■ Assigned task ■
Return each line of the data below that contains the string "JobRecord".

Data extracted from a collection

----

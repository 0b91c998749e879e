-- ===== src/Base.antt =====
-- What the other modules share: names of the libraries passed on, tests, keys, dictionaries, lists.
pub mod Tests
pub mod Key
pub mod Dicts
pub mod Int
pub mod Lists
pub mod Texts
pub use Tests.*
unfoldable pub use Key.*
unfoldable pub use Dicts.*
unfoldable pub use Lists.*
unfoldable pub use Texts.{is_space, is_blank, words_after, words, both_texts}
pub use Int.{ℤ, pos, negsuc, same_int}
pub use Prim.Native.Nat.{ℕ, zero, suc, ◌+◌, ◌-◌, ◌*◌, ◌/◌, ◌%◌, ◌^◌, ◌≤◌, ◌<◌, min, max}
pub use Prim.Native.String.{String}
pub use mathlib.Core.Path.{◌≡◌, refl, sym, ap, ◌∙◌, subst}
pub use mathlib.Core.Logic.{◌≢◌, ◌↔◌, ◌⊎◌, inl, inr}
pub use mathlib.Core.Bool.{Bool, true, false, not, ◌&&◌, ◌||◌}
pub use mathlib.Core.Option.{Option, none, some}
pub use mathlib.Core.List.{List, [], ◌∷◌, ◌++◌, map}
pub use native.Mathlib.Omega.{arith}
unfoldable pub use mathlib.Core.Logic.{ite}
unfoldable pub use native.Mathlib.Decide.{dec_lt, dec_le, ℕ_discrete}
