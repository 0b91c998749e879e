-- ===== src/Cluster.antt =====
-- mocklsf, the LSF that the tests of the library run against: its jobs, its database and its
-- scheduler.
pub mod Jobs
pub mod Database
pub mod Scheduler
pub mod Capacity
pub mod Settled
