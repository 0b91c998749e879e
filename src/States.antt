-- ===== src/States.antt =====
-- lsfmgr/states.py: the states of a job, the observation of a job by LSF, and the records that the
-- store keeps. A datetime is a number of microseconds, a float of seconds too.
pub mod Laws
use pyqt_lsf_job_manager.Base.{
  ℕ, ℤ, String, ◌≡◌, ◌↔◌, refl, Bool, true, false, ◌&&◌, ◌||◌, Option, none, some, List, [], ◌∷◌,
  Dict, String_discrete, ite, arith, ◌==◌,
}

pub data JobState : Type 0 where
  created submitting retry_wait submit_failed cancelled lost : JobState
  pend run done exit psusp ususp ssusp unkwn zombi : JobState

pub JobState-discrete : Discrete JobState
JobState-discrete = hlevel

-- `JobState.X.value`
unfoldable pub value : JobState → String
value JobState.created = "CREATED"
value JobState.submitting = "SUBMITTING"
value JobState.retry_wait = "RETRY_WAIT"
value JobState.submit_failed = "SUBMIT_FAILED"
value JobState.cancelled = "CANCELLED"
value JobState.lost = "LOST"
value JobState.pend = "PEND"
value JobState.run = "RUN"
value JobState.done = "DONE"
value JobState.exit = "EXIT"
value JobState.psusp = "PSUSP"
value JobState.ususp = "USUSP"
value JobState.ssusp = "SSUSP"
value JobState.unkwn = "UNKWN"
value JobState.zombi = "ZOMBI"

-- The sets `_TERMINAL`, `_FAILED` and `_ON_LSF` as membership tests.
abbrev pub is_terminal : JobState → Bool
is_terminal JobState.done = true
is_terminal JobState.exit = true
is_terminal JobState.submit_failed = true
is_terminal JobState.lost = true
is_terminal JobState.cancelled = true
is_terminal _ = false

abbrev pub is_failed : JobState → Bool
is_failed JobState.exit = true
is_failed JobState.submit_failed = true
is_failed JobState.lost = true
is_failed _ = false

abbrev pub is_on_lsf : JobState → Bool
is_on_lsf JobState.pend = true
is_on_lsf JobState.run = true
is_on_lsf JobState.psusp = true
is_on_lsf JobState.ususp = true
is_on_lsf JobState.ssusp = true
is_on_lsf JobState.unkwn = true
is_on_lsf JobState.zombi = true
is_on_lsf _ = false

abbrev pub is_created : JobState → Bool
is_created JobState.created = true
is_created _ = false

abbrev pub is_inactive : JobState → Bool
is_inactive s = is_created s || is_terminal s

-- `a is b` on states: the constructors are compared by their place in the enumeration.
abbrev pub rank : JobState → ℕ
rank JobState.created = 0
rank JobState.submitting = 1
rank JobState.retry_wait = 2
rank JobState.submit_failed = 3
rank JobState.cancelled = 4
rank JobState.lost = 5
rank JobState.pend = 6
rank JobState.run = 7
rank JobState.done = 8
rank JobState.exit = 9
rank JobState.psusp = 10
rank JobState.ususp = 11
rank JobState.ssusp = 12
rank JobState.unkwn = 13
rank JobState.zombi = 14

abbrev pub same_state : JobState → JobState → Bool
same_state a b = rank a == rank b

-- `LSF_STAT_MAP`, from the texts of bjobs.
abbrev pub lsf_stat_map : Dict String JobState
lsf_stat_map =
    ("PEND", JobState.pend)
    ∷ ("RUN", JobState.run)
    ∷ ("PSUSP", JobState.psusp)
    ∷ ("USUSP", JobState.ususp)
    ∷ ("SSUSP", JobState.ssusp)
    ∷ ("UNKWN", JobState.unkwn)
    ∷ ("ZOMBI", JobState.zombi)
    ∷ ("DONE", JobState.done)
    ∷ ("EXIT", JobState.exit)
    ∷ []

abbrev pub Time : Type 0
Time = ℕ

pub record JobStatus : Type 0 where
  pub job_id : ℕ
  pub array_index : Option ℕ
  pub state : JobState
  pub exit_code : Option ℤ
  pub run_time_s : Option ℕ
  pub start_time : Option Time
  pub finish_time : Option Time
  pub source_cluster : Option String
  pub forward_cluster : Option String

-- `user_data` is a JSON value that the library only keeps: its text.
pub record JobRecord : Type 0 where
  pub job_id : Option ℕ
  pub array_index : Option ℕ
  pub jobset_id : String
  pub job_key : String
  pub state : JobState
  pub fail_reason : Option String
  pub fail_message : Option String
  pub retry_count : ℕ
  pub exit_code : Option ℤ
  pub killed : Bool
  pub submit_time : Option Time
  pub command : String
  pub updated_at : Option Time
  pub run_time_s : Option ℕ
  pub start_time : Option Time
  pub finish_time : Option Time
  pub source_cluster : Option String
  pub forward_cluster : Option String
  pub submit_cwd : Option String
  pub user_data : Option String
  pub generation : String
  pub revision : ℕ

abbrev pub same_text : String → String → Bool
same_text a b = ite (String_discrete a b) true false

abbrev pub same_execution : JobRecord → JobRecord → Bool
same_execution a b =
    same_text a.jobset_id b.jobset_id
    && same_text a.job_key b.job_key
    && same_text a.generation b.generation

pub record JobSetRecord : Type 0 where
  pub jobset_id : String
  pub intended_count : ℕ
  pub label : String
  pub tags : List String
  pub created_at : Option Time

----

■ Response for this exercise ■
pub record JobRecord : Type 0 where
abbrev pub same_execution : JobRecord → JobRecord → Bool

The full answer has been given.